Interestingly, the story faded almost immediately after he was confirmed. As if all the drama was merely a sideshow.
And what of Avenatti and his client Swetnick? That whole thing appeared to be completely suppressed once Swetnick appeared in that NBC interview -- and did not make a "good impression." Avenatti claimed a raft of corroborating witnesses, but NBC was unable to find any (so they said) and that was that. Into the Memory Hole with it. As if it never was.

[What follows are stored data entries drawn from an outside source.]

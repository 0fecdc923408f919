-- ===== src/Clients/Decoupled/Connections/Resumes.antt =====
-- The connection of a poll from a snapshot.
use mathlib.Core.Path.{subst}
use geldstrom.Prelude.{
  ℕ, ◌<◌, ◌≡◌, refl, Bool, true, false, List, ◌∷◌, Option, none, some, String, ◌==◌, Outcome, ok,
  raised, arith, All, Bool-cases, inl, inr,
}
use geldstrom.Responses.{Processed}
use geldstrom.Dialog.{Dialog, DialogRaise, Connection, poll_decoupled_once}
use geldstrom.Dialog.Resume.{DialogSnapshot}
use geldstrom.Clients.{
  GatewayCredentials, FinTsSessionState, ClientRaise, dialog_raise, World, ConnectionContext,
  at_link, close_connection,
}
use geldstrom.Clients.Connect.{finish, resume_for_polling}
use geldstrom.Clients.Connect.Closes.{IsNumbered, without_fresh, finish-live}
use geldstrom.Clients.Fetching.{Operations}
use geldstrom.Clients.Fints3.{Client, CallRaise, call_failed}
use geldstrom.Clients.Decoupled.Completion.{Payload}
use geldstrom.Clients.Decoupled.Polling.{
  DecoupledSessionSnapshot, PollResult, Formats, is_caught, resume_completed, polled_resumed,
  resumed, resume_valid, resume_read, resume_and_poll, poll_failed,
}

module _ (c : Connection) (formats : Formats) (creds : GatewayCredentials) (reference : String)
    (operations : Operations c) where
  open c use {Link}

  -- What the poll to the bank gave, where there was one, and what became of the connection: it is left
  -- open where the poll raised what is neither a timeout nor a value error, and the call raises that; in
  -- every other case the connections are as before.
  abbrev pub LeftBy :
      Bool → DialogRaise → ℕ → List ℕ → Outcome CallRaise PollResult × Client × World Link → Type 0
  LeftBy true e i before out =
      (out.2.live ≡ before) × (out.0 ≡ ok (poll_failed (formats.message_of e)))
  LeftBy false e i before out =
      (out.2.live ≡ i ∷ before) × (out.0 ≡ raised (call_failed (dialog_raise e)))

  abbrev pub Leaves :
      Option (Outcome DialogRaise (Option Processed))
      → ℕ
      → List ℕ
      → Outcome CallRaise PollResult × Client × World Link
      → Type 0
  Leaves none i before out = out.2.live ≡ before
  Leaves (some (ok answer)) i before out = out.2.live ≡ before
  Leaves (some (raised e)) i before out = LeftBy (is_caught e) e i before out

  -- The poll of a context that is resumed.
  abbrev pub poll_of :
      DecoupledSessionSnapshot
      → Outcome ClientRaise ConnectionContext × World Link
      → Option (Outcome DialogRaise (Option Processed))
  poll_of s (raised e, w) = none
  poll_of s (ok ctx, w) =
      some (poll_decoupled_once c formats.lower s.task_reference ctx.dialog w.link).0

  abbrev pub valid_poll :
      Bool → DecoupledSessionSnapshot → World Link → Option (Outcome DialogRaise (Option Processed))
  valid_poll false s w = none
  valid_poll true s w = poll_of s (
      resume_for_polling creds reference c formats.blobs s.dialog_snapshot
        (formats.deserialize_state s.fints_session_state) s.server_url w)

  abbrev pub read_poll :
      Option DecoupledSessionSnapshot → World Link → Option (Outcome DialogRaise (Option Processed))
  read_poll none w = none
  read_poll (some s) w = valid_poll (formats.is_dialog s.dialog_snapshot) s w

  closed :
      (i : ℕ) (before : List ℕ) (w w' : World Link)
      → All (λ j. j < i) before
      → w.live ≡ i ∷ before
      → w'.live ≡ w.live
      → (close_connection i w').live ≡ before
  closed i before w w' fresh h same =
      let here : (i == i) ≡ true = ground arith in
      let rest = without_fresh i before fresh in rw same (rw h (rw here rest))

  resume_completed-live :
      (s : DecoupledSessionSnapshot) (ctx : ConnectionContext) (before : List ℕ) (w : World Link)
      (r : Outcome ClientRaise Payload × Client × Dialog × Link)
      → All (λ j. j < ctx.connection) before
      → w.live ≡ ctx.connection ∷ before
      → (resume_completed c formats creds reference operations s ctx w r).2.live ≡ before
  resume_completed-live s ctx before w (raised e, client, d, l) fresh h =
      closed ctx.connection before w (finish creds reference c d (at_link l w)) fresh h
        (finish-live creds reference c d (at_link l w)).0
  resume_completed-live s ctx before w (ok payload, client, d, l) fresh h =
      closed ctx.connection before w (finish creds reference c d (at_link l w)) fresh h
        (finish-live creds reference c d (at_link l w)).0

  polled_resumed-Leaves :
      (client : Client) (s : DecoupledSessionSnapshot) (ctx : ConnectionContext) (before : List ℕ)
      (w : World Link) (r : Outcome DialogRaise (Option Processed) × Dialog × Link)
      → All (λ j. j < ctx.connection) before
      → w.live ≡ ctx.connection ∷ before
      → Leaves
          (some r.0)
          ctx.connection
          before
          (polled_resumed c formats creds reference operations client s ctx w r)
  polled_resumed-Leaves client s ctx before w (raised e, d, l) fresh h =
      elim (Bool-cases (is_caught e)) [
        | inl caught ↦ simp caught (
          closed ctx.connection before w (finish creds reference c d (at_link l w)) fresh h
              (finish-live creds reference c d (at_link l w)).0,
          refl,
        )
        | inr out ↦ simp out (h, refl)
      ]
  polled_resumed-Leaves client s ctx before w (ok none, d, l) fresh h =
      closed ctx.connection before w (at_link l w) fresh h refl
  polled_resumed-Leaves client s ctx before w (ok (some response), d, l) fresh h =
      resume_completed-live s ctx before w _ fresh h

  -- A context with a connection of its own.
  abbrev Reopens : ℕ → List ℕ → Outcome ClientRaise ConnectionContext × World Link → Type 0
  Reopens i before (ok ctx, w) = (ctx.connection ≡ i) × (w.live ≡ i ∷ before)
  Reopens i before (raised e, w) = w.live ≡ before

  resume_for_polling-Reopens :
      (s : DialogSnapshot) (o : Option FinTsSessionState) (server_url : String) (w : World Link)
      → Reopens w.next w.live (resume_for_polling creds reference c formats.blobs s o server_url w)
  unfolding resume_for_polling
  resume_for_polling-Reopens s none server_url w = refl
  resume_for_polling-Reopens s (some state) server_url w = (refl, refl)

  resumed-Leaves :
      (i : ℕ) (before : List ℕ) (client : Client) (s : DecoupledSessionSnapshot)
      (r : Outcome ClientRaise ConnectionContext × World Link)
      → All (λ j. j < i) before
      → Reopens i before r
      → Leaves (poll_of s r) i before (resumed c formats creds reference operations client s r)
  resumed-Leaves i before client s (raised e, w) fresh h = h
  resumed-Leaves i before client s (ok ctx, w) fresh (same, h) =
      let fresh' : All (λ j. j < ctx.connection) before = rw same fresh in
      let h' : w.live ≡ ctx.connection ∷ before = rw same h in
      subst
        (λ k.
          Leaves (poll_of s (ok ctx, w)) k before
            (resumed c formats creds reference operations client s (ok ctx, w)))
        same (polled_resumed-Leaves client s ctx before w _ fresh' h')

  resume_valid-Leaves :
      (client : Client) (w : World Link) (b : Bool) (s : DecoupledSessionSnapshot)
      → IsNumbered w
      → Leaves
          (valid_poll b s w)
          w.next
          w.live
          (resume_valid c formats creds reference operations b client w s)
  resume_valid-Leaves client w false s fresh = refl
  resume_valid-Leaves client w true s fresh = resumed-Leaves w.next w.live client s _ fresh (
      resume_for_polling-Reopens s.dialog_snapshot (formats.deserialize_state s.fints_session_state)
        s.server_url w)

  resume_read-Leaves :
      (client : Client) (w : World Link) (o : Option DecoupledSessionSnapshot)
      → IsNumbered w
      → Leaves
          (read_poll o w)
          w.next
          w.live
          (resume_read c formats creds reference operations client w o)
  resume_read-Leaves client w none fresh = refl
  resume_read-Leaves client w (some s) fresh =
      resume_valid-Leaves client w (formats.is_dialog s.dialog_snapshot) s fresh

  -- From numbered connections: a poll from a snapshot whose poll to the bank raises what is neither a
  -- `TimeoutError` nor a `ValueError` raises that and leaves its own connection open beside those before;
  -- where the poll raises one of these, the call returns that it failed, and in this and every other case,
  -- whatever the snapshot holds, the bank answers and the completion raises, the connections are those of
  -- before.
  pub resume_and_poll-Leaves :
      (bytes : String) (client : Client) (w : World Link)
      → IsNumbered w
      → Leaves
          (read_poll (formats.deserialize_snapshot bytes) w)
          w.next
          w.live
          (resume_and_poll c formats creds reference operations bytes client w)
  unfolding resume_and_poll
  resume_and_poll-Leaves bytes client w fresh =
      resume_read-Leaves client w (formats.deserialize_snapshot bytes) fresh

Kavanaugh remains a volatile, unjudicial operative. Whether the rest of the Court will rein him in, who knows?
We shall see.
Hope you're well -- if not exactly happy.
C.
Che,
ReplyDeleteI was getting a bit worried that something was wrong - you usually answer comments so quickly. Glad to see you are alive and kicking!
Yeah, Kavanaugh confirmed. He's one nasty piece of work, and that has nothing to do with the sexual misconduct allegations.
Also, it appears to me that his confirmation vote was not up to snuff. The Senate rules, as altered by the Republicans, requires a "simple majority of 51 votes". He did not get 51 votes, he got 50. I have seen no explanation for this discrepancy from the media or the Senate. I wrote a brief blog article about it here:
https://terisrandomthoughts.wordpress.com/2018/10/07/the-senate-just-broke-its-own-rules/
It's hardly a big deal, really; they were going to get the guy in one way or the other, and Congress has failed on so many levels and dispensed with so many niceties of civilized conduct that I feel silly for having spent even ten minutes thinking about the matter.
Best to you and Mrs. Che,
Teri
Kavanaugh is a nasty piece of work, no doubt, but he isn't as nasty as some who've served on the High Court (Scalia among others), at least not yet. The way he's going, though, he's bound to get there. I don't know what it is about our rulers, but they tend to want the meanest, nastiest sumbitches on the bench, except of course when it comes to their own misdeeds. The courts in this country are outrageously corrupt.
DeleteThat said, I really do hope some lessons were learned from this spectacle. The litany of reasons not to confirm Little Mister Temper Tantrum were right out front, and they could have been hammered relentlessly and tied around the R's necks like rotting meat, but noooo.
It seemed to me that it was all nicely pre-scripted and arranged, there would be mention of but only token opposition to his atrocious record, his ignorance and contempt of the law, his nonsense decisions and dissents, yadda yadda, because "comity" or something, I don't know. He was meant to sail through.
And then -- somehow -- the teenage sexual assault and drunkenness accusations got out. And all holy hell was unleashed for obvious reasons. This "choirboy"... weren't.
But until then it didn't matter, and now it doesn't seem to matter either. Yes, Kavanaugh is spoiled goods, but Kagan hired him at Hahvahd and apparently thinks the world of him, and the rest of the Supremes know him well, and are fine with him sitting amongst them. He clearly sucks up to them, one and all.
The question for me is what they will do as a body, and what we the Rabble are prepared to do about it. They're hoping we'll just sit down and shut up, but I'm not so sure it will happen this time.
Oh, as for Senate Rules, it's really a muddle. So far as I can tell, the Rules are whatever the Majority can get away with. Typically there are not 100 senators in attendance. They usually fall short by two, three, four or five, and so a majority vote is of those in attendance, or more usually by Unanimous Consent, which is nothing of the kind, but oh well.
Murkowski's excuse for voting "present" was just silly ass-covering. But it was also about that precious comity. Nothing is ultimately more important, I guess.
I better stop before I drown in my cynicism.
Best to you and yours, too! (Love your artwork btw.)
Just wanted to thank you for the comment about my artwork. I don't see so well any more, so it isn't the enjoyable hobby I had hoped for as I age.